◆ **EXERCISE DESCRIPTION**
In the entries below, find the line with "offset = pos 0;" and the line with "abbrev sum : ℕ → Event ℕ → ℕ × Option String". Reproduce those two lines and every line between them exactly, and nothing more.

◆ **Saved data entries**
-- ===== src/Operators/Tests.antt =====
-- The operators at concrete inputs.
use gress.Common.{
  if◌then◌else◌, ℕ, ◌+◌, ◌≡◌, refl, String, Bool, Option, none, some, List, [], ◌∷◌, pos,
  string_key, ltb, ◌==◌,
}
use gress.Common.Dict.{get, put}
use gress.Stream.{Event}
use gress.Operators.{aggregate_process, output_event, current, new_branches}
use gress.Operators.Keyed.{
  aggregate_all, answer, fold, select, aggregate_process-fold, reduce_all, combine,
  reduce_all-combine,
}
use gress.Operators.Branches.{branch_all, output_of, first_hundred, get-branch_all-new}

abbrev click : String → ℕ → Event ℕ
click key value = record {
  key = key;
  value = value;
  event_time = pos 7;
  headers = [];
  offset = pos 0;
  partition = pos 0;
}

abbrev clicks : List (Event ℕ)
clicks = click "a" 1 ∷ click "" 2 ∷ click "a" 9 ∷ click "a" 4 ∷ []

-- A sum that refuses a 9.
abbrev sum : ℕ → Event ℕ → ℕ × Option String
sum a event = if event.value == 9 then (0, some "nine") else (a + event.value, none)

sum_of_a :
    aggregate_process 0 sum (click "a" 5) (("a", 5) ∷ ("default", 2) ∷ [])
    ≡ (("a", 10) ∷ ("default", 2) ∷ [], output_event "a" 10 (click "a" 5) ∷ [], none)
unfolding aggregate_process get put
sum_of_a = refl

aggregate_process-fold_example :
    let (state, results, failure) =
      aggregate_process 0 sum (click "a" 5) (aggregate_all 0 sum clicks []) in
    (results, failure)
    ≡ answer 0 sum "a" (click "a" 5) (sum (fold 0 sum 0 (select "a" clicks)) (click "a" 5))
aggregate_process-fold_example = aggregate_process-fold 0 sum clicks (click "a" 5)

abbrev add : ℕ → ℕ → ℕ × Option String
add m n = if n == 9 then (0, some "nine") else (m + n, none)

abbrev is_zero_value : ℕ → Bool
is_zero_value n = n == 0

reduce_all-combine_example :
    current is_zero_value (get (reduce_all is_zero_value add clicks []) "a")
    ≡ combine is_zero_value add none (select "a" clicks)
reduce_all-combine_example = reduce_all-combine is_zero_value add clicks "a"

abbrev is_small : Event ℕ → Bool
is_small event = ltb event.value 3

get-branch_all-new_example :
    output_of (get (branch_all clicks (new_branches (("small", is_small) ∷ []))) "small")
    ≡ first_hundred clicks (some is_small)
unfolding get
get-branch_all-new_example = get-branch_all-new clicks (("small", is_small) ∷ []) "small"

◆ **SOLUTION BELOW**
  offset = pos 0;
  partition = pos 0;
}

abbrev clicks : List (Event ℕ)
clicks = click "a" 1 ∷ click "" 2 ∷ click "a" 9 ∷ click "a" 4 ∷ []

-- A sum that refuses a 9.
abbrev sum : ℕ → Event ℕ → ℕ × Option String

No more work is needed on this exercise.